I wasn't convinced that the word 'balance' was the best word to describe this constant juggle of looking after and nourishing these different areas of my life (spirit, soul & body) until I read its proper verb-form definition:

The verb 'balance' means to:

Weigh reasons; to compare by estimating the relative force, importance or value of different things...
To regulate different powers, so as to keep them in a state of just proportion...
To counterpoise...

Weigh, compare, regulate, estimate, keep in proportion.

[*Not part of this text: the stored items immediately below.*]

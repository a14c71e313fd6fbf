-- ===== src/Relay.antt =====
-- internal/service/relay_service.go: the relay, over the friendship, device and delivery queue
-- repositories. `now` is what `time.Now().Unix()` answers, `ttl` the lifetime that `SetTTL` set, and
-- `hash` stands for `security.ComputeHash`. A return value lists the user and packet of each call of
-- the notifier.
pub mod Worker
pub mod Backoff
pub mod Consent
pub mod Scheduler
pub mod Attempt
pub mod Due
pub mod Round
pub mod Drain
pub mod Batch
mod Tests
use neo_nect_server.Base.{
  ℕ, ◌+◌, Bool, true, false, not, ◌&&◌, ◌||◌, Option, none, some, String, List, [], ◌∷◌, ◌==◌,
  nat_eq, string_eq, Bytes, if◌then◌else◌, any, find, filter, map,
}
use neo_nect_server.Error.{
  Error, Result, ok, err, no_rows, envelope_conflict, mailbox_full, recipient_username_required,
  recipient_not_found, recipient_no_devices, recipient_device_not_found, duplicate_conflict,
  mailbox_quota_exceeded, unauthorized_sender, incomplete_envelope,
}
use neo_nect_server.Db.{
  DeviceRow, DeviceStatus, Tables, Db, pure, raise, ◌>>=◌, ◌>>◌, attempt, statement,
}
use neo_nect_server.Friends.{check_friendship}
use neo_nect_server.Friends.Service.{select_user_id}
use neo_nect_server.Queue.{QueueConfig, Envelope, enqueue_envelope, get_last_sequence, is_for}
use neo_nect_server.Queue.FanOut.{fan_out_message}

abbrev pub is_active : DeviceRow → Bool
is_active d = elim d.status [ DeviceStatus.active ↦ true | DeviceStatus.revoked ↦ false ]

-- `DeviceRepository.GetDevicesByUser`
unfoldable pub get_devices_by_user : ℕ → Db (List String)
get_devices_by_user uid =
    statement (λ t.
      ok (map (λ d. d.device_id) (filter (λ d. d.user_id == uid && is_active d) t.devices), t))

-- `DeviceRepository.GetDeviceOwner`
unfoldable pub select_device_owner : String → Tables → Result (ℕ × Tables)
select_device_owner device_id t = elim (find (λ d. d.device_id == device_id) t.devices) [
  | none ↦ err no_rows
  | some d ↦ ok (d.user_id, t)
]

-- `DeviceRepository.IsActiveDeviceOwnedByUser`
unfoldable pub is_active_device_owned_by_user : ℕ → String → Db Bool
is_active_device_owned_by_user uid device_id =
    statement (λ t.
      ok (any (λ d. d.device_id == device_id && d.user_id == uid && is_active d) t.devices, t))

-- the calls of `NotifyMessage`
abbrev pub Notices : Type 0
Notices = List (ℕ × Bytes)

unfoldable pub no_rows_to : Error → Error → Error
no_rows_to answer no_rows = answer
no_rows_to answer e = e

unfoldable pub looked_up : Error → Result ℕ → Db ℕ
unfolding no_rows_to
looked_up answer (ok uid) = pure uid
looked_up answer (err e) = raise (no_rows_to answer e)

-- `if senderUID != recipientUID { … }`
unfoldable pub authorize : ℕ → ℕ → Db (Unit {0})
authorize sender recipient = if sender == recipient then pure tt else do
  is_friend ← check_friendship sender recipient
  if is_friend then pure tt else raise unauthorized_sender

unfoldable pub queue_error : Error → Error
queue_error envelope_conflict = duplicate_conflict
queue_error mailbox_full = mailbox_quota_exceeded
queue_error e = e

-- after `EnqueueEnvelope` or `FanOutMessage`
unfoldable pub notified : ℕ → Bytes → Result (Unit {0}) → Db Notices
unfolding queue_error
notified recipient payload (ok _) = pure ((recipient, payload) ∷ [])
notified recipient payload (err e) = raise (queue_error e)

-- `FanOutMessage` makes a conflict of no message id, so its errors map as `EnqueueEnvelope`'s do.
unfoldable pub send : (String → String) → QueueConfig → ℕ → ℕ → ℕ → String → Bytes → Db Notices
unfolding looked_up notified select_user_id
send hash cfg now ttl sender to_username payload =
    if to_username == "" then raise recipient_username_required else do
      found ← attempt (statement (select_user_id (hash to_username)))
      recipient ← looked_up recipient_not_found found
      authorize sender recipient
      devices ← get_devices_by_user recipient
      sent ← (elim devices [
        | [] ↦ raise recipient_no_devices
        | d ∷ ds ↦ attempt (fan_out_message cfg now (d ∷ ds) payload ttl)
      ])
      notified recipient payload sent

-- `if err != nil { sequence = 0 }; sequence++`
unfoldable pub next_sequence : Result ℕ → ℕ
next_sequence (ok sequence) = sequence + 1
next_sequence (err _) = 1

unfoldable pub is_incomplete : Envelope → Bool
is_incomplete e = e.message_id == "" || e.sender_device_id == "" || e.recipient_device_id == ""

unfoldable pub send_envelope : QueueConfig → ℕ → ℕ → ℕ → Envelope → Db Notices
unfolding looked_up notified select_device_owner next_sequence is_incomplete
send_envelope cfg now ttl sender e = if is_incomplete e then raise incomplete_envelope else do
  found ← attempt (statement (select_device_owner e.recipient_device_id))
  recipient ← looked_up recipient_device_not_found found
  authorize sender recipient
  is_active ← is_active_device_owned_by_user recipient e.recipient_device_id
  if not is_active then raise recipient_device_not_found else do
    last ← attempt (get_last_sequence e.recipient_device_id)
    queued ← attempt (enqueue_envelope cfg now e ttl (next_sequence last))
    notified recipient e.payload queued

Balance requires constant adjustment (counterpoise) to keep its equilibrium or poise.

Nourishing my Body

I really like that word, counterpoise, probably because it comes from an Old French word and has a certain ring to it, but also because it reminded me of a book I read when I was on holidays, French Women Don't Get Fat by Mireille Giuliano. What I really liked about this book was the author's commonsense approach to eating. Nothing radical here. No special foods but practical precepts such as portion size, eating seasonal food, having regular meals, and not multi-tasking while you eat. But what really struck me was her chapter, 'Moving Like a French Woman.'

American women, at one extreme, seem to have two modes: sitting or spinning. French women, at the other, prefer the gentler, more regular varieties of all-day movement - "the slow burn."

We strive to diversify the physical movement in our lives and practise it as second nature.

The act of incorporating physical movement into our everyday lives is an act of counterpoise. We might not get the time to spend an hour at the gym or go out for a vigorous walk or jog, but we can make physical movement second nature. Just recently Dawn Duran addressed the progressively sedentary nature of our modern lives and the need for mothers to address this aspect of physical activity in this post.


Nourishing my Spirit

A very close friend and I were talking about a month ago. We only get to see each other every couple of months and as we had about a four hour talk over coffee, we decided we would focus on praying for some situations in each of our families. We each made a list on our phones and committed to praying for each person/situation every day and keep each other updated.

'Do not be anxious about ANYTHING.'

I know those verses in Philippians back to front but I often find myself mulling over things, getting anxious without even realising that that is what I am actually doing. Knowing my friend has committed to pray for those things that are distractingly buzzing away in the background has brought nourishment to my spirit.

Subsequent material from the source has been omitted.